> _What is needed_
From the records below, count the lines holding the string "else". Only the number is wanted.

> _Data for processing_
──────────────────────────────

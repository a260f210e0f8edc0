-- ===== src/Prelude/Keyed.antt =====
-- Maps whose keys are listed once: sorting by key and rebuilding them entry by entry.
use Prim.Native.String.{String}
use mathlib.Core.Path.{◌≡◌, refl, ◌∙◌}
use mathlib.Core.Bool.{true, false}
use mathlib.Core.List.{List, [], ◌∷◌}
use mathlib.Core.Option.{some}
use mathlib.Core.Logic.{inl, inr}
use native.Mathlib.Omega.{arith}
use dispatch_lab.Prelude.Tests.{if◌then◌else◌, str_eq, str_lt, str_eq_iff, Bool-cases}
use dispatch_lab.Prelude.Lists.{elem, IsDistinct}
use dispatch_lab.Prelude.Map.{lookup, insert, keys, by_key, has, elem-keys, has-insert}
use dispatch_lab.Prelude.Sort as Sort

pub str_lt_ne : (a b : String) → str_lt a b ≡ true → str_eq a b ≡ false
unfolding str_lt str_eq
str_lt_ne a b h = ground arith

module _ {ℓ} {V : Type ℓ} where
  lookup-insert_sorted :
      (k j : String) (v : V) (m : List (String × V))
      → lookup k (Sort.insert (by_key) (j, v) m) ≡ (if str_eq j k then some v else lookup k m)
  unfolding Sort.insert lookup
  lookup-insert_sorted k j v [] = refl
  lookup-insert_sorted k j v ((i, w) ∷ m) = ground (
    arith,
    lookup-insert_sorted k j v m,
    str_lt_ne i j,
    str_eq_iff i j,
    str_eq_iff j k,
    str_eq_iff i k,
  )

  -- Sorting by key leaves a map as it is.
  pub lookup-sort :
      (k : String) (m : List (String × V)) → lookup k (Sort.sort (by_key) m) ≡ lookup k m
  unfolding Sort.sort lookup
  lookup-sort k [] = refl
  lookup-sort k ((j, v) ∷ m) =
      ground (arith, lookup-insert_sorted k j v (Sort.sort (by_key) m), lookup-sort k m)

  -- A write lists no key twice.
  pub insert-IsDistinct :
      (k : String) (v : V) (m : List (String × V))
      → IsDistinct (keys m)
      → IsDistinct (keys (insert k v m))
  unfolding insert
  insert-IsDistinct k v [] h = (refl, tt)
  insert-IsDistinct k v ((j, w) ∷ m) h = elim (Bool-cases (str_eq j k)) [
    | inl e ↦ rw e h
    | inr e ↦ rw e (
      elem-keys j (insert k v m)
          ∙ ground (arith, has-insert k j v m, str_eq_iff j k, str_eq_iff k j, elem-keys j m, h.0),
      insert-IsDistinct k v m h.1,
    )
  ]

  has-insert_sorted :
      (k j : String) (v : V) (m : List (String × V))
      → has k (Sort.insert (by_key) (j, v) m) ≡ (if str_eq j k then true else has k m)
  has-insert_sorted k j v m = ground (arith, lookup-insert_sorted k j v m)

  insert_sorted-IsDistinct :
      (k : String) (v : V) (m : List (String × V))
      → elem k (keys m) ≡ false
      → IsDistinct (keys m)
      → IsDistinct (keys (Sort.insert (by_key) (k, v) m))
  unfolding Sort.insert
  insert_sorted-IsDistinct k v [] n h = (refl, tt)
  insert_sorted-IsDistinct k v ((j, w) ∷ m) n h = elim (Bool-cases (str_lt j k)) [
    | inl e ↦ rw e (
      elem-keys j (Sort.insert (by_key) (k, v) m)
          ∙ ground (
            arith,
            has-insert_sorted j k v m,
            str_eq_iff k j,
            str_lt_ne j k,
            str_eq_iff j k,
            elem-keys j m,
            h.0,
            e,
          ),
      insert_sorted-IsDistinct k v m (ground (arith, n)) h.1,
    )
    | inr e ↦ rw e (n, h)
  ]

  pub sort-IsDistinct :
      (m : List (String × V)) → IsDistinct (keys m) → IsDistinct (keys (Sort.sort (by_key) m))
  unfolding Sort.sort
  sort-IsDistinct [] h = tt
  sort-IsDistinct ((k, v) ∷ m) h =
      insert_sorted-IsDistinct k v (Sort.sort (by_key) m)
        (elem-keys k (Sort.sort (by_key) m) ∙ ground (arith, lookup-sort k m, elem-keys k m, h.0))
        (sort-IsDistinct m h.1)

──────────────────────────────

> _Solution to this exercise_
3